> **WORK REQUIRED**:
The line containing "abbrev third_task : Task" marks the end: output every line of the data up to it, and that line too, exactly as written.

(Collected data)
Content starts

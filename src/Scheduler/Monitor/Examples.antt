-- ===== src/Scheduler/Monitor/Examples.antt =====
-- Runs of five threads on a queue of capacity 1, of src/scheduler.c.
use thread_management_librar.Base.{ℕ, ◌≤◌, ◌<◌, ◌≡◌, ◌≢◌, refl, ◌⊎◌, arith, [], ◌∷◌, ◌++◌, length}
use thread_management_librar.Scheduler.Store.{Task, normal, high}
use thread_management_librar.Scheduler.Fifo
use thread_management_librar.Scheduler.Fifo.{Fifo, accepted, full, took, empty}
use thread_management_librar.Scheduler.Monitor.{
  ready_push, asleep_push, ready_pop, asleep_pop, System, Step, Reach, begin, then_step, one,
  call_push, call_pop, push_in, push_sleep, pop_out, pop_sleep, shut, bounded,
}
use thread_management_librar.Scheduler.Monitor.Wakeups.{
  no_deadlock, none_asleep_after_shutdown, tasks_in_order, task_can_be_taken,
}

record Run (n capacity : ℕ) : Type 0 where
  last : System
  reach : Reach n capacity last

abbrev first_task : Task
first_task = record { func = 64; arg = 0; priority = normal; submit_time = 1 }

abbrev second_task : Task
second_task = record { func = 72; arg = 0; priority = high; submit_time = 2 }

abbrev third_task : Task
third_task = record { func = 80; arg = 0; priority = normal; submit_time = 3 }

-- Threads 0 and 1 sleep in a pop. Thread 2 pushes and wakes 0. Threads 3 and 4 find the queue full.
crowded : Run 5 1
unfolding Fifo.push Fifo.pop
crowded = record {
  last = _;
  reach =
      then_step
        (then_step
          (then_step
            (then_step
              (then_step
                (then_step
                  (then_step
                    (then_step
                      (then_step (then_step begin (call_pop 0 (omega arith) refl))
                        (pop_sleep 0 (omega arith) refl refl))
                      (call_pop 1 (omega arith) refl))
                    (pop_sleep 1 (omega arith) refl refl))
                  (call_push 2 first_task (omega arith) refl))
                (push_in 2 first_task (omega arith) refl refl (one 0 (omega arith) refl)))
              (call_push 3 second_task (omega arith) refl))
            (push_sleep 3 second_task (omega arith) refl refl))
          (call_push 4 third_task (omega arith) refl))
        (push_sleep 4 third_task (omega arith) refl refl);
}

-- Thread 0 takes the task and wakes 3.
eased : Run 5 1
unfolding crowded Fifo.pop
eased = record {
  last = _;
  reach =
      then_step crowded.reach
        (pop_out 0 (omega arith) refl refl (bounded (omega arith) (one 3 (omega arith) refl)));
}

closed_down : Run 5 1
unfolding crowded
closed_down = record { last = _; reach = then_step crowded.reach shut }

no_deadlock_example :
    (j : ℕ) × (j < 5)
    × ((crowded.last.pc j ≡ ready_pop) ⊎ ((u : Task) × (crowded.last.pc j ≡ ready_push u)))
unfolding crowded
no_deadlock_example =
    no_deadlock crowded.reach 1 3 second_task (omega arith) (omega arith) refl refl (omega arith)

none_asleep_after_shutdown_example :
    (closed_down.last.pc 3 ≢ asleep_pop) × ((t : Task) → closed_down.last.pc 3 ≢ asleep_push t)
unfolding closed_down
none_asleep_after_shutdown_example =
    none_asleep_after_shutdown closed_down.reach refl 3 (omega arith)

tasks_in_order_example :
    (crowded.last.pushed ≡ crowded.last.popped ++ crowded.last.fifo.tasks)
    × ((crowded.last.fifo.capacity ≡ 0)
        ⊎ (length crowded.last.fifo.tasks ≤ crowded.last.fifo.capacity))
tasks_in_order_example = tasks_in_order crowded.reach

task_can_be_taken_example :
    (s' : System) × Step 5 crowded.last s'
    × (s'.popped ≡ crowded.last.popped ++ first_task ∷ [])
    × (s'.fifo.tasks ≡ [])
unfolding crowded
task_can_be_taken_example = task_can_be_taken crowded.reach 1 first_task [] (omega arith) refl refl
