-- ===== src/Sthread.antt =====
-- src/sthread.c and include/sthread.h: the public functions.
pub mod Objects
pub mod Primitives
pub mod Threads
pub mod Pools
pub mod ObjectLaws
pub mod DestroyLaws
pub mod SemLaws
pub mod ThreadLaws
pub mod PoolLaws
mod Examples
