-- ===== src/Input.antt =====
-- src/input.cpp: what the host does with the input messages of a client.
pub mod Packet
pub mod Batch
pub mod State
pub mod Keyboard
pub mod Mouse
pub mod Gamepads
pub mod Reset
mod Tests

Content ends

> **ANSWER TO THIS TASK**:
filename src/Scheduler/Monitor/Examples.antt
-- ===== src/Scheduler/Monitor/Examples.antt =====
-- Runs of five threads on a queue of capacity 1, of src/scheduler.c.
use thread_management_librar.Base.{ℕ, ◌≤◌, ◌<◌, ◌≡◌, ◌≢◌, refl, ◌⊎◌, arith, [], ◌∷◌, ◌++◌, length}
use thread_management_librar.Scheduler.Store.{Task, normal, high}
use thread_management_librar.Scheduler.Fifo
use thread_management_librar.Scheduler.Fifo.{Fifo, accepted, full, took, empty}
use thread_management_librar.Scheduler.Monitor.{
  ready_push, asleep_push, ready_pop, asleep_pop, System, Step, Reach, begin, then_step, one,
  call_push, call_pop, push_in, push_sleep, pop_out, pop_sleep, shut, bounded,
}
use thread_management_librar.Scheduler.Monitor.Wakeups.{
  no_deadlock, none_asleep_after_shutdown, tasks_in_order, task_can_be_taken,
}

record Run (n capacity : ℕ) : Type 0 where
  last : System
  reach : Reach n capacity last

abbrev first_task : Task
first_task = record { func = 64; arg = 0; priority = normal; submit_time = 1 }

abbrev second_task : Task
second_task = record { func = 72; arg = 0; priority = high; submit_time = 2 }

abbrev third_task : Task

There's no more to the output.